### [Recorded information]

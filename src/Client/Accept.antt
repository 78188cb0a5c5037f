-- ===== src/Client/Accept.antt =====
-- Client#accept_stream_nonblock and #accept_stream of lib/quic/connection.rb, the consumers of
-- @accept_queue. Times are in nanoseconds.
use quic_ruby.Base.{ℕ, zero, suc, ◌+◌, Bool, true, false, Option, none, some, List, [], ◌∷◌, leb}
use quic_ruby.Ruby.{Result, ok, raise, quic, ErrorClass}
use quic_ruby.Ngtcp2.{Ngtcp2}
use quic_ruby.Client.Objects.{Objects}
use quic_ruby.Client.Pump.{Turn, pump_once}
use quic_ruby.Client.State.{Client}

-- `@accept_queue.shift`, on the queue.
unfoldable pub shift_queue : Objects → List ℕ → Result ℕ × Objects
shift_queue o [] = (raise (quic ErrorClass.wait_readable none), o)
shift_queue o (r ∷ rest) = (ok r, record o { accept_queue = rest })

unfoldable pub accept_stream_nonblock : Objects → Result ℕ × Objects
accept_stream_nonblock o = shift_queue o o.accept_queue

-- `timeout && now + timeout`
unfoldable pub deadline_of : Option ℕ → ℕ → Option ℕ
deadline_of none start = none
deadline_of (some timeout) start = some (start + timeout)

-- `deadline - now <= 0.0`
unfoldable pub is_past : Option ℕ → ℕ → Bool
is_past none now = false
is_past (some deadline) now = leb deadline now

module _ {Conn : Type 0} (n : Ngtcp2 Conn) where
  -- The loop of #accept_stream over the readings of its clock and the turns to come; `none` where it
  -- still waits when they are used up.
  unfoldable pub accept_loop :
      ℕ → Client Conn → Option ℕ → List (ℕ × Turn) → Option (Result (Option ℕ) × Client Conn)
  accept_loop fuel c deadline [] = none
  accept_loop fuel c deadline ((now, turn) ∷ rounds) = elim (is_past deadline now) [
    | true ↦ some (ok none, c)
    | false ↦ elim (pump_once n fuel c turn) [
      | none ↦ none
      | some (raise e, c') ↦ some (raise e, c')
      | some (ok u, c') ↦
          let (stream, o) = accept_stream_nonblock c'.objects in
          elim stream [
            | ok r ↦ some (ok (some r), record c' { objects = o })
            | raise e ↦ accept_loop fuel c' deadline rounds
          ]
    ]
  ]

  -- The part of #accept_stream behind its first look at the queue.
  unfoldable pub accept_wait :
      ℕ → Client Conn → Option ℕ → ℕ → List (ℕ × Turn) → Option (Result (Option ℕ) × Client Conn)
  accept_wait fuel c (some zero) start rounds = some (ok none, c)
  accept_wait fuel c (some (suc k)) start rounds =
      accept_loop fuel c (deadline_of (some (suc k)) start) rounds
  accept_wait fuel c none start rounds = accept_loop fuel c (deadline_of none start) rounds

  -- Client#accept_stream with a timeout, none for nil, called at the time `start`.
  unfoldable pub accept_stream :
      ℕ → Client Conn → Option ℕ → ℕ → List (ℕ × Turn) → Option (Result (Option ℕ) × Client Conn)
  accept_stream fuel c timeout start rounds =
      let (stream, o) = accept_stream_nonblock c.objects in
      elim stream [
        | ok r ↦ some (ok (some r), record c { objects = o })
        | raise e ↦ accept_wait fuel c timeout start rounds
      ]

### [What you should do]
Beginning with the line that contains "is_past (some deadline)", return every line through the end of the data above, exactly as written.

### [Solution for this exercise]
is_past (some deadline) now = leb deadline now

module _ {Conn : Type 0} (n : Ngtcp2 Conn) where
  -- The loop of #accept_stream over the readings of its clock and the turns to come; `none` where it
  -- still waits when they are used up.
  unfoldable pub accept_loop :
      ℕ → Client Conn → Option ℕ → List (ℕ × Turn) → Option (Result (Option ℕ) × Client Conn)
  accept_loop fuel c deadline [] = none
  accept_loop fuel c deadline ((now, turn) ∷ rounds) = elim (is_past deadline now) [
    | true ↦ some (ok none, c)
    | false ↦ elim (pump_once n fuel c turn) [
      | none ↦ none
      | some (raise e, c') ↦ some (raise e, c')
      | some (ok u, c') ↦
          let (stream, o) = accept_stream_nonblock c'.objects in
          elim stream [
            | ok r ↦ some (ok (some r), record c' { objects = o })
            | raise e ↦ accept_loop fuel c' deadline rounds
          ]
    ]
  ]

  -- The part of #accept_stream behind its first look at the queue.
  unfoldable pub accept_wait :
      ℕ → Client Conn → Option ℕ → ℕ → List (ℕ × Turn) → Option (Result (Option ℕ) × Client Conn)
  accept_wait fuel c (some zero) start rounds = some (ok none, c)
  accept_wait fuel c (some (suc k)) start rounds =
      accept_loop fuel c (deadline_of (some (suc k)) start) rounds
  accept_wait fuel c none start rounds = accept_loop fuel c (deadline_of none start) rounds

  -- Client#accept_stream with a timeout, none for nil, called at the time `start`.
  unfoldable pub accept_stream :
      ℕ → Client Conn → Option ℕ → ℕ → List (ℕ × Turn) → Option (Result (Option ℕ) × Client Conn)
  accept_stream fuel c timeout start rounds =
      let (stream, o) = accept_stream_nonblock c.objects in
      elim stream [
        | ok r ↦ some (ok (some r), record c { objects = o })
        | raise e ↦ accept_wait fuel c timeout start rounds
      ]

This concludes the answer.